Just what is 'A big database'? [closed]

Ok, dumb question I know but I see the nebulous comment 'a large database' as well as small and medium and I wonder just what that means. Can someone define what a small, medium and large database is for us SQL neophytes?


Solution 1:

There isn't a threshold where a small database becomes medium or a medium database becomes large. Generally, when I hear these terms, I think of particular orders of magnitude in terms of total records being stored.

  • Small: Fits in a spreadsheet.
  • Medium: Fits in memory on a commodity server.
  • Large: Fits in a commodity cloud offering.
  • Very large: Fits in a specialized environment; unusual storage, latency, or throughput characteristics.

As poster dkretz suggested, you could also think about it in terms of the properties each kind of database has. Categorizing it this way, I'd say:

  • Small: Performance is not a concern. Your queries run fine without making any special optimizations. You see only a marginal performance difference when using front-line enhancements like indexes.

  • Medium: Your database probably has one or more staff that are assigned part-time to its maintenance and care. These people pay attention to the database's health; their primary administrative responsibility is to prevent unacceptable performance problems and minimize downtime.

  • Large: Probably has dedicated staff member(s) whose job is to work on the database and improve performance, as well as make sure that application changes don't cause schema breakage over the lifetime of the database. Metrics about the health and status of the database are monitored closely. Significant expertise is required to understand and perform optimizations.

  • Very large: The database stores vast amounts of information that must be readily accessible. Performance optimizations are absolutely required to wring every last ounce of speed out of each queries, and without it, the database would be much less usable or even impossible to use. The database may be using sophisticated or innovative replication or clustering techniques, pushing the boundaries of current technology.

Note that these are entirely subjective, and that someone may very well have a perfectly legitimate alternate definition of "large".

Solution 2:

One way to figure it is by observing your test queries.

A small database is one where indexes don't matter.

A medium database is one where queries take longer than one second if you don't have an appropriate index in place.

A big database is one where queries often take hours to optimize, using a combination of query design, index modification, and many test cycles.

Solution 3:

Large database are ones that force you have to stop using relational databases.

In other words, a normalized, relational database where all the indexes in the world can't help you meet your response time requirements because of the massive JOINs.

If you've ever had to abandon relational databases for something else, you're either a poor database developer, have no expert DBA, or have a very large database.

Solution 4:

“Large Database” is indeed a nebulous concept. There are already very different answers and opinions posted in the answers to this question. Some approaches to define “small”, “medium” and “large” Databases may make more sense than others BUT THEN, at some point, I consider each definition is right, true and valid.

Some definitions make more sense than others because they focus on different aspects of importance for the design, programming, use, maintenance and administration of a Database and these different aspects are what really matter for a usable Database. It just happens that all these aspects are impacted by the nebulous concept of “Database size”.

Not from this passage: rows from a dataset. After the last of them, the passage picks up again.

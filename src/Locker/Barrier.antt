-- ===== src/Locker/Barrier.antt =====
-- `shared_barrier` of qbus/locker.h and qbus/locker.cpp: a semaphore and two counters in shared
-- memory, and threads that knock at it and wait until another one opens it. The mutex and the
-- semaphore are boost's: a block under the mutex is one step, a wait takes a token of the semaphore,
-- and a timed wait gives up only while there is none.
pub mod Laws
use qbus.Prelude.{
  ℕ, zero, suc, ◌+◌, ◌≡◌, Bool, true, false, List, [], ◌∷◌, ◌++◌, ◌-◌, Run, done, spent, ◌>>=◌,
  ◌==◌, ltb, if◌then◌else◌, u32, sub32,
}

pub record Barrier : Type 0 where
  pub semaphore : ℕ
  pub counter1 : ℕ
  pub counter2 : ℕ

-- The constructor.
abbrev pub closed : Barrier
closed = record { semaphore = 0; counter1 = 0; counter2 = 0 }

-- The loop of `open`, `while (m_counter1 > 0)`.
unfoldable pub open_loop : ℕ → Barrier → Barrier
open_loop zero b = b
open_loop (suc n) b =
    open_loop n
      (record { semaphore = b.semaphore + 1; counter1 = n; counter2 = u32 (b.counter2 + 1) })

unfoldable pub open_barrier : Barrier → Barrier
open_barrier b = open_loop b.counter1 b

-- `++m_counter1`, and what `expect` does behind its wait.
abbrev pub knocked : Barrier → Barrier
knocked b = record b { counter1 = u32 (b.counter1 + 1) }

abbrev pub passed : Barrier → Barrier
passed b = record b { counter2 = sub32 b.counter2 1 }

-- What `expect` does after a timed wait has failed.
unfoldable pub settle : Barrier → Barrier × Bool
settle b =
    if b.counter2 == 0
    then (record b { counter1 = sub32 b.counter1 1 }, false)
    else (passed b, true)

-- `knock` and `expect` while no other thread moves: they wait for ever where only another thread
-- could let them on.
unfoldable pub knock : Barrier → Run Barrier
knock b = if ltb 0 b.counter2 then spent else done (knocked b)

unfoldable pub take : Barrier → Run Barrier
take b =
    if b.semaphore == 0 then spent else done (passed (record b { semaphore = b.semaphore - 1 }))

unfoldable pub expect : Barrier → Run Barrier
expect b = take b

unfoldable pub wait : Barrier → Run Barrier
wait b = knock b >>= expect

unfoldable pub timed_expect : Barrier → Barrier × Bool
timed_expect b =
    if b.semaphore == 0 then settle b else (passed (record b { semaphore = b.semaphore - 1 }), true)

unfoldable pub timed_wait : Barrier → Run (Barrier × Bool)
timed_wait b = knock b >>= λ b'. done (timed_expect b')

-- Where a thread stands. The Boolean tells a timed wait from one without a limit.
pub data Pc : Type 0 where
  outside : Pc
  spinning : Bool → Pc  -- the loop of `knock`
  arriving : Bool → Pc  -- behind the loop, before the mutex
  waiting : Bool → Pc  -- at the semaphore
  woken : Pc  -- with a token, before the mutex
  expired : Pc  -- after a timed wait that has failed, before the mutex

-- One step of a thread. The last index is 1 if a wait that has failed passes the barrier all the
-- same, and else 0.
pub data Move (b : Barrier) : Pc → Barrier → Pc → ℕ → Type 0 where
  open_it : Move b outside (open_barrier b) outside 0
  call : {timed : Bool} → Move b outside b (spinning timed) 0
  spin : {timed : Bool} → b.counter2 ≡ 0 → Move b (spinning timed) b (arriving timed) 0
  arrive : {timed : Bool} → Move b (arriving timed) (knocked b) (waiting timed) 0
  wake :
      {timed : Bool} {n : ℕ}
      → b.semaphore ≡ n + 1
      → Move b (waiting timed) (record b { semaphore = n }) woken 0
  pass : Move b woken (passed b) outside 0
  expire : b.semaphore ≡ 0 → Move b (waiting true) b expired 0
  settle_late : (settle b).1 ≡ false → Move b expired (settle b).0 outside 0
  settle_open : (settle b).1 ≡ true → Move b expired (settle b).0 outside 1

-- The barrier, its threads, and how many failed waits have passed it.
pub record System : Type 0 where
  pub barrier : Barrier
  pub threads : List Pc
  pub late : ℕ

pub data Step (s : System) : System → Type 0 where
  pick :
      (before : List Pc) (p : Pc) (after : List Pc) {b : Barrier} {p' : Pc} {n : ℕ}
      → s.threads ≡ before ++ p ∷ after
      → Move s.barrier p b p' n
      → Step s (record { barrier = b; threads = before ++ p' ∷ after; late = s.late + n })

abbrev pub AreOutside : List Pc → Type 0
AreOutside [] = Unit
AreOutside (p ∷ ps) = (p ≡ outside) × AreOutside ps

pub data Reach : System → Type 0 where
  start :
      (ps : List Pc) → AreOutside ps → Reach (record { barrier = closed; threads = ps; late = 0 })
  later : {s t : System} → Reach s → Step s t → Reach t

So, Does this mean that it does not matter if you are able to define if a particular Database is big or not?

Certainly not. What it mean is you will apply the concept differently while evaluating different design/operational/administrative aspects of your Database. It also means that every time this concept will be nebulous.

As an example: Database Index strategy (an aspect of Database design) is impacted by record count for each table (a measure of “size”), by record size times record count (another measure of “size”), and by Query Vs. Creation/Update/Delete operations ratio (an aspect of Database usage).

Query response times are better if indexes are used for tables with large amount of records. Depending on the nature of your WHERE, ORDER BY and record-aggregation clauses you may need several indexes for certain tables.

Creation, Update and Delete operations are impacted negatively with the increase of number of indexes on the affected table(s). More indexes for an affected table means more changes that the RDBMS must perform, spending more time and more resources to apply those changes.

Also, if your RDBMS spends more time to apply those changes, then the locks are maintained for longer times also, impacting the response times other queries being sent to the system at the same time.

So, How do you balance the quantity and design of your indexes? How do you know if you need an additional index and if by adding that index you will not be introducing a big negative impact on query response times? Answer: You test and profile your database against a target load as per your load/performance requirements and analyze the profiling data in order to discover if further optimizations/redesigns/indexes are needed.

Different Index strategies are required for different Query Vs. Creation/Update/Delete operations ratios. If your Database is under a heavy load of queries but is rarely updated, the performance for the overall application will be better if you add every index that improves query response times. On the other hand, if your Database is constantly being updated but there are not large query operations, then the performance will be better if you use less indexes.

There are other aspects of course: Database Schema design, Storage Strategy, Network design, Backup strategy, Stored Procedures/Triggers/Etc. programming, Application Programming (against the Database), Etc. All these aspects are impacted differently by distinct concepts of “size” (record size, record count, index size, index count, schema design, storage size, etc.).

I'd like to have more time as this topic is fascinating. I hope this small contribution serves as an starting point for you in this fascinating world of SQL.